Lestari Moerdijat, Wakil Presiden TRIBUNNEWS.COM-MPR, mengatakan masyarakat Indonesia sudah menyadari bahwa dalam menghadapi kesulitan saat pandemi Covid-19, seluruh warga negara harus bersatu. Gotong royong dan solidaritas merupakan nilai dan aset dasar yang sangat penting dalam merespon dampak pandemi Covid-19, termasuk antisipasi penurunan ekonomi.

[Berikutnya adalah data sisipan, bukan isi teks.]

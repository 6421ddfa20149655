-- ===== src/Lqm/Ping/Decay.antt =====
-- internal/services/lqm/lqm.go, `pingTracker`: the quality over lost pings.
use mesh_manager.Common.{
  ℕ, zero, suc, ◌-◌, ◌*◌, ◌≤◌, ◌≡◌, ◌≢◌, refl, Bool, true, false, Option, none, Bytes, [], ◌∷◌, ap,
  ◌∙◌, equal, arith,
}
use mesh_manager.Lqm.{Floats, Tracker}
use mesh_manager.Lqm.Ping.{next_ping_quality, pinged, ping_time, ping_tracker}

pub next_ping_quality_bound : (won : Bool) (old : ℕ) → next_ping_quality won old ≤ 100
unfolding next_ping_quality
next_ping_quality_bound true old = ground arith
next_ping_quality_bound false old = ground arith

lost_step : (old n : ℕ) → old ≤ 100 → next_ping_quality false old - 4 * n ≡ old - 4 * suc n
unfolding next_ping_quality
lost_step old n h = ground arith

not_empty : (s : Bytes) → s ≢ [] → equal s [] ≡ false
unfolding equal
not_empty [] h = absurd (h refl)
not_empty (c ∷ cs) h = refl

module _ (fl : Floats) where
  open fl use {Float}

  -- `pingTracker` again and again, without an answer.
  abbrev pub lose_pings : ℕ → ℕ → Option ℕ → Tracker Float → Tracker Float
  lose_pings zero now last_tick t = t
  lose_pings (suc n) now last_tick t =
      lose_pings n now last_tick (ping_tracker fl now last_tick none t)

  lost_ping :
      (now : ℕ) (last_tick : Option ℕ) (t : Tracker Float)
      → equal t.ipv6ll [] ≡ false
      → ping_tracker fl now last_tick none t ≡ pinged fl now last_tick none t
  unfolding ping_tracker ping_time
  lost_ping now last_tick t h = rw h refl

  -- A tracker with an address that loses pings loses four points of quality with each, down to 0:
  -- after twenty-five of them it has 0. What else the tracker holds is as before. Its quality is at
  -- most 100 at the start.
  pub lose_pings-decay :
      (n now : ℕ) (last_tick : Option ℕ) (t : Tracker Float)
      → t.ipv6ll ≢ []
      → t.pings.ping_quality ≤ 100
      → lose_pings n now last_tick t
        ≡ record t { pings = record t.pings { ping_quality = t.pings.ping_quality - 4 * n } }
  lose_pings-decay zero now last_tick t h b = ground arith
  lose_pings-decay (suc n) now last_tick t h b =
      ap (lose_pings n now last_tick) (lost_ping now last_tick t (not_empty t.ipv6ll h))
      ∙ lose_pings-decay n now last_tick (pinged fl now last_tick none t) h
          (next_ping_quality_bound false t.pings.ping_quality)
      ∙ ap (λ (q : ℕ). record t { pings = record t.pings { ping_quality = q } })
          (lost_step t.pings.ping_quality n b)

“Gotong royong merupakan nilai fundamental bangsa yang sangat dibutuhkan. Tema Lestari Moerdijat adalah” Tingkatkan gotong royong. Nilai untuk meramalkan resesi ekonomi dikatakan dalam pembahasan empat pilar: Kondisi saat ini juga merupakan semangat persatuan dan kerjasama. Keadaan negara saat ini membutuhkan kerja sama semua pihak. Media Center MPR / DPR RI, Senayen, Jakarta, Gedung Aula Nusantara III, 9 Februari 2020, -yang lain dalam diskusi adalah Partai MPR Golkar Ace Hasan Syadzily, Staf Ahli Menteri Antar Kementerian dan Humas Antar Lembaga UMKM Luhur Pradjarto, NCBI (National and Role Building Institute) Chairman / Founder Julman Saragih (Lestari Moerdijat) panggilan akrab Rerie pada Mei 2020 Survei keinginan dan sampel acak sebanyak 389 responden dilakukan antara bulan Juni hingga Juni 2020. Dari survei tersebut, responden sepakat bahwa Covid-19 merupakan ancaman. Wakil Dewan Partai Nasdem Ketua mengatakan: “Lebih dari 31% responden setuju bahwa Covid-19 adalah ancaman. Jika digabungkan, lebih dari 70% orang setuju dan tahu bahwa Covid-19 adalah ancaman. “Rerie mengutip analisis lain bahwa ekonomi adalah ancaman utama pandemi Covid-19 .-” Oleh karena itu, publik secara fundamental memahami bahwa pandemi Covid 19 tidak hanya mengancam kesehatan, tetapi juga karena pandemi Covid-19. Hambatan atau ekses dapat menyebabkan masalah besar. Artinya, menurunnya aktivitas ekonomi. Janganlah kita lupa bahwa beliau mengatakan: “Ini adalah masalah stabilitas nasional. Bagaimana mempertahankan diri dari penyakit, berbagai masalah dan keresahan sosial.” – Menurut Rerie, Indonesia memiliki empat konsensus nasional dalam menghadapi tantangan tersebut. The Charities Aid Foundation di Indonesia mengutip sebuah survei bahwa indeks donasi negara terus tumbuh dalam 10 tahun terakhir. (Gotong royong) dan kemurahan hati adalah kekayaan sosial untuk mengatasi Covid-19. Gotong royong telah menjadi identitas bangsa Indonesia.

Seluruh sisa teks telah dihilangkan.